(Saved entries)
-- ===== src/Validator/Summary.antt =====
-- The counts of a summary.
use opkssh.Base.{
  ℕ, ◌+◌, Bool, true, false, not, ◌||◌, List, [], ◌∷◌, ◌≡◌, refl, arith, ltb, if◌then◌else◌, length,
}
use opkssh.Validator.{
  ValidationStatus, success, warning, error, ValidationRowResult, ValidationSummary, tally,
  tally_all, calculate_summary, has_errors, get_exit_code,
}

abbrev is_status : ValidationStatus → ValidationStatus → ℕ
is_status success success = 1
is_status warning warning = 1
is_status error error = 1
is_status _ _ = 0

abbrev pub count : ValidationStatus → List ValidationRowResult → ℕ
count st [] = 0
count st (r ∷ rs) = is_status st r.status + count st rs

tally_all_lem :
    (rs : List ValidationRowResult) (s : ValidationSummary)
    → tally_all s rs ≡ record s {
      successful = s.successful + count success rs;
      warnings = s.warnings + count warning rs;
      errors = s.errors + count error rs;
    }
unfolding tally_all
tally_all_lem [] s = ground arith
tally_all_lem (r ∷ rs) s = ground (arith, tally_all_lem rs (tally r.status s))

count_total :
    (rs : List ValidationRowResult)
    → count success rs + count warning rs + count error rs ≡ length rs
count_total [] = refl
count_total (r ∷ rs) = ground (arith, count_total rs)

abbrev pub all_success : List ValidationRowResult → Bool
all_success [] = true
all_success (r ∷ rs) = elim r.status [ success ↦ all_success rs | _ ↦ false ]

all_success-count :
    (rs : List ValidationRowResult)
    → all_success rs ≡ not (ltb 0 (count error rs) || ltb 0 (count warning rs))
all_success-count [] = refl
all_success-count (r ∷ rs) = ground (arith, all_success-count rs)

-- The summary counts the rows of each status, the three counts add up to the total, and the exit
-- code is 0 exactly if every row is a success.
pub calculate_summary_lem :
    (rs : List ValidationRowResult)
    → let s = calculate_summary rs in
      (s.successful ≡ count success rs)
      × (s.warnings ≡ count warning rs)
      × (s.errors ≡ count error rs)
      × (s.total_tested ≡ s.successful + s.warnings + s.errors)
      × (get_exit_code s ≡ (if all_success rs then 0 else 1))
unfolding calculate_summary get_exit_code
calculate_summary_lem rs =
    let e =
      tally_all_lem rs
        (record { total_tested = length rs; successful = 0; warnings = 0; errors = 0 }) in
    (
      ground (arith, e),
      ground (arith, e),
      ground (arith, e),
      ground (arith, e, count_total rs),
      ground (arith, e, all_success-count rs),
    )

pub has_errors-calculate_summary :
    (rs : List ValidationRowResult) → has_errors (calculate_summary rs) ≡ not (all_success rs)
unfolding calculate_summary
has_errors-calculate_summary rs =
    let e =
      tally_all_lem rs
        (record { total_tested = length rs; successful = 0; warnings = 0; errors = 0 }) in
    ground (arith, e, all_success-count rs)
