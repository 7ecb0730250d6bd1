-- ===== src/Audit/Outcome.antt =====
-- What `EvaluateOk` and the outcome of `opkssh audit` say.
use opkssh.Base.{
  Bool, true, false, not, ◌&&◌, List, [], ◌∷◌, ◌≡◌, ◌↔◌, refl, subst, arith, Option, none, Str,
  if◌then◌else◌, Result, ok, err, inl, inr, Result-cases,
}
use opkssh.Table.{Shell, read_rows_with_details}
use opkssh.Audit.Clean.{rows_ok-append, text_clean}
use opkssh.ConfigLog.{ConfigLog}
use opkssh.Files.{FsError, LoadError}
use opkssh.Validator.{ProvidersRow, IssuerMap, new_policy_validator}
use opkssh.Audit.{
  PolicyFileResult, PermResult, TotalResults, AuditError, rows_ok, file_clean, files_ok,
  evaluate_ok, home_rows, all_rows, audit_lines, audit_policy_file, audit_rest, audit_homes,
  finished, audit, judged,
}

-- No file has an error of its own.
abbrev pub files_clean : List PolicyFileResult → Bool
files_clean [] = true
files_clean (f ∷ fs) = file_clean f && files_clean fs

abbrev pub all_clean : TotalResults → Bool
all_clean t = file_clean t.system_policy && (files_clean t.home_policies && not t.provider_error)

files_ok_lem :
    (fs : List PolicyFileResult) → files_ok fs ≡ (rows_ok (home_rows fs) && files_clean fs)
files_ok_lem [] = refl
files_ok_lem (f ∷ fs) = ground (arith, files_ok_lem fs, rows_ok-append f.rows (home_rows fs))

evaluate_ok_lem : (t : TotalResults) → evaluate_ok t ≡ (rows_ok (all_rows t) && all_clean t)
unfolding evaluate_ok
evaluate_ok_lem t = ground (
  arith,
  files_ok_lem t.home_policies,
  rows_ok-append t.system_policy.rows (home_rows t.home_policies),
)

module _ (sh : Shell) (check : Str → PermResult) (read : Str → Result FsError Str)
    (providers : Result LoadError (List ProvidersRow)) (path : Str) (paths : List Str)
    (log : ConfigLog) where
  rest-all_ok :
      (m : IssuerMap) (r : Result FsError (PolicyFileResult × Bool) × ConfigLog) (t : TotalResults)
      → audit_rest sh check read m paths r ≡ ok t
      → t.all_ok ≡ (rows_ok (all_rows t) && all_clean t)
  rest-all_ok m (err e, l) t h = cc
  rest-all_ok m (ok (f, exists), l) t h =
      let homes = (audit_homes sh check read m [] l paths).0 in
      let e : finished sh check read m f homes ≡ t = cc in
      subst (λ (x : TotalResults). x.all_ok ≡ (rows_ok (all_rows x) && all_clean x)) e
        (evaluate_ok_lem (record {
          all_ok = false;
          provider_error = false;
          system_policy = f;
          home_policies = homes;
        }))

  -- The results of an audit are marked ok exactly if every row of every file is a success and no
  -- file has wrong permissions or could not be read.
  pub all_ok-audit :
      (t : TotalResults)
      → audit sh check read providers path paths log ≡ ok t
      → t.all_ok ≡ (rows_ok (all_rows t) && all_clean t)
  unfolding audit
  all_ok-audit t h = elim (Result-cases providers) [
    | inl (rows, e) ↦
        rest-all_ok (new_policy_validator rows)
          (audit_policy_file sh (new_policy_validator rows) path (check path) (read path) log) t
          (ground arith)
    | inr (f, e) ↦ absurd (ground arith)
  ]

module _ (sh : Shell) (check : Str → PermResult) (read : Str → Result FsError Str)
    (providers : List ProvidersRow) where
  -- A policy file that is missing is fine, and one that can be read if its text is clean. The flag
  -- says whether one that cannot be read is.
  abbrev pub file_fine : Bool → Str → Bool
  file_fine unreadable path =
      if not (check path).exists
      then true
      else elim (read path) [ err e ↦ unreadable | ok text ↦ text_clean sh providers text ]

  abbrev pub homes_fine : List Str → Bool
  homes_fine [] = true
  homes_fine (path ∷ paths) = file_fine true path && homes_fine paths

  abbrev m : IssuerMap
  m = new_policy_validator providers

  -- The results for a file without rows, and for one with this text.
  abbrev without_rows : Str → Option FsError → PolicyFileResult
  without_rows path e = record { file_path = path; rows = []; error = e; perms_error = false }

  abbrev with_rows : Str → ConfigLog → Str → PolicyFileResult
  with_rows path log text = record {
    file_path = path;
    rows = (audit_lines sh m path 1 [] log (read_rows_with_details sh text)).0;
    error = none;
    perms_error = (check path).perms_err;
  }

  abbrev Outcome : Result AuditError TotalResults → Bool → Type 0
  Outcome r fine = (judged sh check read r ≡ ok tt) ↔ (fine ≡ true)
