-- ===== src/Audit/Passwd.antt =====
-- The home directories that `opkssh audit` finds in `/etc/passwd`.
use opkssh.Base.{
  false, List, [], ◌∷◌, ◌++◌, ◌≡◌, ◌≢◌, ◌∙◌, arith, Str, str, str_eq, str_beq_iff, All, append-nil,
  append_assoc,
}
use opkssh.Text.{has_prefix, join}
use opkssh.Text.Split.{Lacks, split-join}
use opkssh.Audit.{passwd_entry, passwd_entries, get_home_dirs_from_etc_passwd}

-- A line of the file.
pub record Account : Type 0 where
  pub name : Str
  pub passwd : Str
  pub uid : Str
  pub gid : Str
  pub gecos : Str
  pub dir : Str
  pub shell : Str

abbrev others : Account → List Str
others a = a.passwd ∷ a.uid ∷ a.gid ∷ a.gecos ∷ a.dir ∷ a.shell ∷ []

abbrev pub line_of : Account → Str
line_of a = join (a.name ∷ others a) (str ":")

abbrev pub lines_of : List Account → List Str
lines_of [] = []
lines_of (a ∷ bs) = line_of a ∷ lines_of bs

abbrev pub home_of : Account → Str × Str
home_of a = (a.name, a.dir)

abbrev pub homes_of : List Account → List (Str × Str)
homes_of [] = []
homes_of (a ∷ bs) = home_of a ∷ homes_of bs

-- An account whose line has seven fields, is no comment, and names a home directory.
pub record IsWritten (a : Account) : Type 0 where
  pub fields : All (Lacks b':') (a.name ∷ others a)
  pub one_line : Lacks b'\n' (line_of a)
  pub line_ne_nil : line_of a ≢ []
  pub no_comment : has_prefix (line_of a) (str "#") ≡ false
  pub dir_ne_nil : a.dir ≢ []

passwd_entry-line_of : (a : Account) → IsWritten a → passwd_entry (line_of a) ≡ home_of a ∷ []
unfolding passwd_entry
passwd_entry-line_of a w = ground (
  arith,
  w.no_comment,
  w.dir_ne_nil,
  w.line_ne_nil,
  str_beq_iff (line_of a) [],
  str_beq_iff a.dir [],
  split-join a.name (others a) b':' w.fields,
)

passwd_entries-lines_of :
    (bs : List Account) (out : List (Str × Str))
    → All IsWritten bs
    → passwd_entries out (lines_of bs) ≡ out ++ homes_of bs
unfolding passwd_entries
passwd_entries-lines_of [] out _ = rw append-nil
passwd_entries-lines_of (a ∷ bs) out (w, ws) =
    passwd_entries-lines_of bs _ ws
    ∙ rw (passwd_entry-line_of a w) (append_assoc out (home_of a ∷ []) (homes_of bs))

lines-Lacks : (bs : List Account) → All IsWritten bs → All (Lacks b'\n') (lines_of bs)
lines-Lacks [] _ = tt
lines-Lacks (a ∷ bs) (w, ws) = (w.one_line, lines-Lacks bs ws)

-- From a file of accounts, each on a line of seven fields that is no comment and with a home
-- directory, the audit gets the name and the home directory of each account, in their order.
pub get_home_dirs-join :
    (a : Account) (bs : List Account)
    → All IsWritten (a ∷ bs)
    → get_home_dirs_from_etc_passwd (join (lines_of (a ∷ bs)) (str "\n")) ≡ homes_of (a ∷ bs)
unfolding get_home_dirs_from_etc_passwd
get_home_dirs-join a bs ws =
    rw (split-join (line_of a) (lines_of bs) b'\n' (lines-Lacks (a ∷ bs) ws))
      (passwd_entries-lines_of (a ∷ bs) [] ws)
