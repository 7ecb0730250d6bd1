-- ===== src/ClientConfig.antt =====
-- How a client knows its providers: commands/config/providerconfig.go.
pub mod Aliases
pub mod Op
pub mod Parse
pub mod File
use opkssh.Base.{
  Bool, true, false, not, ◌&&◌, ◌||◌, List, [], ◌∷◌, ◌++◌, Option, none, some, Str, str, ◌==◌,
  str_eq, contains, if◌then◌else◌, Result, ok, err, ◌>>=◌, wrap,
}
use opkssh.Text.{split, has_prefix, trim_suffix}

pub record ProviderConfig : Type 0 where
  pub alias_list : List Str
  pub issuer : Str
  pub client_id : Str
  pub client_secret : Str
  pub scopes : List Str
  pub access_type : Str
  pub prompt : Str
  pub redirect_uris : List Str
  pub remote_redirect_uri : Str
  pub send_access_token : Bool

abbrev pub redirect_uris_default : List Str
redirect_uris_default =
    str "http://localhost:3000/login-callback"
    ∷ str "http://localhost:10001/login-callback"
    ∷ str "http://localhost:11110/login-callback"
    ∷ []

-- `DefaultProviderConfig()`
abbrev pub default_provider_config : ProviderConfig
default_provider_config = record {
  alias_list = [];
  issuer = [];
  client_id = [];
  client_secret = [];
  scopes = str "openid" ∷ str "email" ∷ [];
  access_type = str "offline";
  prompt = str "consent";
  redirect_uris = redirect_uris_default;
  remote_redirect_uri = [];
  send_access_token = false;
}

abbrev pub cicd_unused_client_id : Str
cicd_unused_client_id = str "unused"

abbrev pub gitlab_ci_alias : Str
gitlab_ci_alias = str "gitlab-ci"

abbrev pub github_issuer : Str
github_issuer = str "https://token.actions.githubusercontent.com"

-- The configuration of a provider for workflows, with Go's zero values elsewhere.
abbrev cicd_config : List Str → Str → ProviderConfig
cicd_config aliases issuer = record {
  alias_list = aliases;
  issuer = issuer;
  client_id = cicd_unused_client_id;
  client_secret = [];
  scopes = [];
  access_type = [];
  prompt = [];
  redirect_uris = [];
  remote_redirect_uri = [];
  send_access_token = false;
}

-- `GitHubProviderConfig()`, `ForgejoProviderConfig(issuer)` and `GitlabCiProviderConfig(issuer)`
unfoldable pub github_provider_config : ProviderConfig
github_provider_config = cicd_config (str "github" ∷ []) github_issuer

unfoldable pub forgejo_provider_config : Str → ProviderConfig
forgejo_provider_config issuer = cicd_config (str "forgejo" ∷ str "codeberg" ∷ []) issuer

unfoldable pub gitlab_ci_provider_config : Str → ProviderConfig
gitlab_ci_provider_config issuer = cicd_config (gitlab_ci_alias ∷ []) issuer

pub data ProviderConfigError : Type 0 where
  too_few_parts no_client_id no_google_secret : ProviderConfigError
  duplicate_alias : Str → ProviderConfigError

-- What the parts of the text set.
abbrev pub secret_of : List Str → Str
secret_of [] = []
secret_of (secret ∷ more) = secret

abbrev pub scopes_of : List Str → List Str
scopes_of (secret ∷ scopes ∷ more) = split scopes b' '
scopes_of _ = str "openid" ∷ str "email" ∷ []

abbrev pub google_issuer : Str
google_issuer = str "https://accounts.google.com"

abbrev pub with_google_secret : ProviderConfig → Result ProviderConfigError ProviderConfig
with_google_secret c =
    if has_prefix c.issuer google_issuer && c.client_secret == []
    then err no_google_secret
    else ok c

abbrev pub from_parts : Str → List Str → Result ProviderConfigError ProviderConfig
from_parts alias (issuer ∷ client_id ∷ more) =
    if client_id == []
    then err no_client_id
    else with_google_secret (record default_provider_config {
      alias_list = alias ∷ [];
      issuer = issuer;
      client_id = client_id;
      client_secret = secret_of more;
      scopes = scopes_of more;
    })
from_parts alias _ = err too_few_parts

abbrev pub from_split : Bool → List Str → Result ProviderConfigError ProviderConfig
from_split true (alias ∷ parts) = from_parts alias parts
from_split true [] = err too_few_parts
from_split false parts = from_parts [] parts

-- `NewProviderConfigFromString(configStr, hasAlias)`
unfoldable pub new_provider_config_from_string :
    Str → Bool → Result ProviderConfigError ProviderConfig
new_provider_config_from_string config_str has_alias = from_split has_alias (split config_str b',')

abbrev pub all_from_strings : List Str → Result ProviderConfigError (List ProviderConfig)
all_from_strings [] = ok []
all_from_strings (s ∷ ss) =
    let rest = all_from_strings ss in
    new_provider_config_from_string s true >>= λ c. rest >>= λ cs. ok (c ∷ cs)

-- `ProvidersConfigListFromStrings(providerList)`
unfoldable pub providers_config_list_from_strings :
    Str → Result ProviderConfigError (List ProviderConfig)
unfolding new_provider_config_from_string
providers_config_list_from_strings provider_list = all_from_strings (split provider_list b';')

abbrev env_list : Option Str → Result ProviderConfigError (Option (List ProviderConfig))
env_list none = ok none
env_list (some s) =
    if s == [] then ok none else providers_config_list_from_strings s >>= λ cs. ok (some cs)

-- `GetProvidersConfigFromEnv()`, for the value of the variable. A nil list is `none`.
unfoldable pub get_providers_config_from_env :
    Option Str → Result ProviderConfigError (Option (List ProviderConfig))
unfolding providers_config_list_from_strings
get_providers_config_from_env value = env_list value

-- A Go map from aliases: a list of keys with values, of which the first of a key counts.
abbrev pub Aliases : Type 0
Aliases = List (Str × ProviderConfig)

unfoldable pub lookup_alias : Str → Aliases → Option ProviderConfig
lookup_alias alias [] = none
lookup_alias alias ((a, c) ∷ m) =
    let rest = lookup_alias alias m in if a == alias then some c else rest

abbrev pub add_alias :
    ProviderConfig → Str → Aliases → Option ProviderConfig → Result ProviderConfigError Aliases
add_alias c alias m none = ok ((alias, c) ∷ m)
add_alias c alias m (some _) = err (duplicate_alias alias)

-- The loop over the aliases of a provider.
unfoldable pub add_aliases :
    ProviderConfig → List Str → Aliases → Result ProviderConfigError Aliases
unfolding lookup_alias
add_aliases c [] m = ok m
add_aliases c (alias ∷ more) m = add_alias c alias m (lookup_alias alias m) >>= add_aliases c more

unfoldable pub add_configs : List ProviderConfig → Aliases → Result ProviderConfigError Aliases
unfolding add_aliases
add_configs [] m = ok m
add_configs (c ∷ cs) m = add_aliases c c.alias_list m >>= add_configs cs

-- `CreateProvidersMap(providerConfigList)`
unfoldable pub create_providers_map : List ProviderConfig → Result ProviderConfigError Aliases
unfolding add_configs
create_providers_map configs = add_configs configs []
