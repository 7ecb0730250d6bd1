-- ===== src/ClientConfig/Aliases.antt =====
-- The map from aliases to providers: `CreateProvidersMap`.
use opkssh.Base.{
  List, [], ◌∷◌, ◌++◌, ◌≡◌, inl, inr, refl, sym, ap, ◌∙◌, arith, Option, none, some, Str, str_eq,
  str_beq_iff, All, Result, ok, err, ◌>>=◌, Option-cases,
}
use opkssh.ClientConfig.{
  ProviderConfig, ProviderConfigError, duplicate_alias, Aliases, lookup_alias, add_alias,
  add_aliases, add_configs, create_providers_map,
}

abbrev with_aliases : ProviderConfig → List Str → Aliases
with_aliases c [] = []
with_aliases c (a ∷ as') = (a, c) ∷ with_aliases c as'

-- Every alias with the provider that lists it, in the order of the providers.
abbrev pub listed : List ProviderConfig → Aliases
listed [] = []
listed (c ∷ cs) = with_aliases c c.alias_list ++ listed cs

-- No alias is listed twice.
abbrev pub Distinct : Aliases → Type 0
Distinct [] = Unit
Distinct ((a, c) ∷ ps) = (lookup_alias a ps ≡ none) × Distinct ps

abbrev add_all : Aliases → Aliases → Result ProviderConfigError Aliases
add_all [] m = ok m
add_all ((a, c) ∷ ps) m = add_alias c a m (lookup_alias a m) >>= add_all ps

>>=_assoc :
    {E A : Type 0} (r : Result E A) (f g : A → Result E A) → (r >>= f) >>= g ≡ r >>= λ a. f a >>= g
>>=_assoc (ok a) f g = refl
>>=_assoc (err e) f g = refl

bind_cong :
    {E A : Type 0} (r : Result E A) (f g : A → Result E A)
    → ((a : A) → f a ≡ g a)
    → r >>= f ≡ r >>= g
bind_cong (ok a) f g h = h a
bind_cong (err e) f g h = refl

add_all-append : (ps qs m : Aliases) → add_all (ps ++ qs) m ≡ add_all ps m >>= add_all qs
add_all-append [] qs m = refl
add_all-append ((a, c) ∷ ps) qs m =
    bind_cong (add_alias c a m (lookup_alias a m)) _ _ (add_all-append ps qs)
    ∙ sym (>>=_assoc (add_alias c a m (lookup_alias a m)) (add_all ps) (add_all qs))

add_aliases_all :
    (c : ProviderConfig) (as' : List Str) (m : Aliases)
    → add_aliases c as' m ≡ add_all (with_aliases c as') m
unfolding add_aliases
add_aliases_all c [] m = refl
add_aliases_all c (a ∷ as') m =
    bind_cong (add_alias c a m (lookup_alias a m)) _ _ (add_aliases_all c as')

add_configs_all :
    (cs : List ProviderConfig) (m : Aliases) → add_configs cs m ≡ add_all (listed cs) m
unfolding add_configs
add_configs_all [] m = refl
add_configs_all (c ∷ cs) m =
    ap (λ r. r >>= add_configs cs) (add_aliases_all c c.alias_list m)
    ∙ bind_cong (add_all (with_aliases c c.alias_list) m) _ _ (add_configs_all cs)
    ∙ sym (add_all-append (with_aliases c c.alias_list) (listed cs) m)

-- No alias of a list has an entry yet.
abbrev Fresh : Aliases → Aliases → Type 0
Fresh m ps = All (λ (p : Str × ProviderConfig). lookup_alias p.0 m ≡ none) ps

Fresh-tail :
    (a : Str) (c : ProviderConfig) (m ps : Aliases)
    → Fresh ((a, c) ∷ m) ps
    → (lookup_alias a ps ≡ none) × Fresh m ps
unfolding lookup_alias
Fresh-tail a c m [] f = (refl, tt)
Fresh-tail a c m ((b, d) ∷ ps) (h, f) =
    let (l, g) = Fresh-tail a c m ps f in
    (ground (arith, str_beq_iff a b, str_beq_iff b a), (ground (arith, str_beq_iff a b), g))

Fresh-cons :
    (a : Str) (c : ProviderConfig) (m ps : Aliases)
    → lookup_alias a ps ≡ none
    → Fresh m ps
    → Fresh ((a, c) ∷ m) ps
unfolding lookup_alias
Fresh-cons a c m [] l f = tt
Fresh-cons a c m ((b, d) ∷ ps) l (h, f) = (
  ground (arith, str_beq_iff a b, str_beq_iff b a),
  Fresh-cons a c m ps (ground (arith, str_beq_iff b a)) f,
)

abbrev or_else : Option ProviderConfig → Option ProviderConfig → Option ProviderConfig
or_else none o = o
or_else (some c) o = some c

-- Adding succeeds exactly on distinct new aliases, and then every alias is found.
abbrev Judged : Aliases → Aliases → Result ProviderConfigError Aliases → Type 0
Judged ps m (ok n) =
    Distinct ps
    × Fresh m ps
    × ((a : Str) → lookup_alias a n ≡ or_else (lookup_alias a m) (lookup_alias a ps))
Judged ps m (err e) = ((a : Str) × (e ≡ duplicate_alias a)) × (¬ (Distinct ps × Fresh m ps))

Judged-cons :
    (a : Str) (c : ProviderConfig) (ps m : Aliases) (r : Result ProviderConfigError Aliases)
    → lookup_alias a m ≡ none
    → Judged ps ((a, c) ∷ m) r
    → Judged ((a, c) ∷ ps) m r
unfolding lookup_alias
Judged-cons a c ps m (ok n) new (d, f, l) =
    let (absent, g) = Fresh-tail a c m ps f in
    ((absent, d), (new, g), λ b. ground (arith, l b, str_beq_iff a b))
Judged-cons a c ps m (err e) new (dup, refuse) =
    (dup, λ i. refuse (i.0.1, Fresh-cons a c m ps i.0.0 i.1.1))

or_none : (o : Option ProviderConfig) → o ≡ or_else o none
or_none none = refl
or_none (some c) = refl

Fresh-empty : (ps : Aliases) → Fresh [] ps
unfolding lookup_alias
Fresh-empty [] = tt
Fresh-empty (p ∷ ps) = (refl, Fresh-empty ps)

judge : (ps m : Aliases) → Judged ps m (add_all ps m)
unfolding lookup_alias
judge [] m = (tt, tt, λ a. or_none (lookup_alias a m))
judge ((a, c) ∷ ps) m = elim (Option-cases (lookup_alias a m)) [
  | inl new ↦ rw new (Judged-cons a c ps m _ new (judge ps ((a, c) ∷ m)))
  | inr (d, e) ↦ rw e ((a, refl), λ i. ground arith)
]

abbrev pub Created : List ProviderConfig → Result ProviderConfigError Aliases → Type 0
Created configs (ok m) =
    Distinct (listed configs)
    × ((alias : Str) → lookup_alias alias m ≡ lookup_alias alias (listed configs))
Created configs (err e) = ((a : Str) × (e ≡ duplicate_alias a)) × (¬ Distinct (listed configs))

Created-Judged :
    (configs : List ProviderConfig) (r : Result ProviderConfigError Aliases)
    → Judged (listed configs) [] r
    → Created configs r
unfolding lookup_alias
Created-Judged configs (ok m) (d, f, l) = (d, l)
Created-Judged configs (err e) (dup, refuse) = (dup, λ d. refuse (d, Fresh-empty (listed configs)))

-- The map is made exactly if no alias is listed twice, by one provider or by two, and each alias
-- then leads to the provider that lists it, and others to none. The only error is that of a
-- duplicate alias.
pub create_providers_map_lem :
    (configs : List ProviderConfig) → Created configs (create_providers_map configs)
unfolding create_providers_map
create_providers_map_lem configs =
    rw (add_configs_all configs []) (Created-Judged configs _ (judge (listed configs) []))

* PROBLEM *
Write only the number of lines in the data above that include "fields".

* RESULT BELOW *
4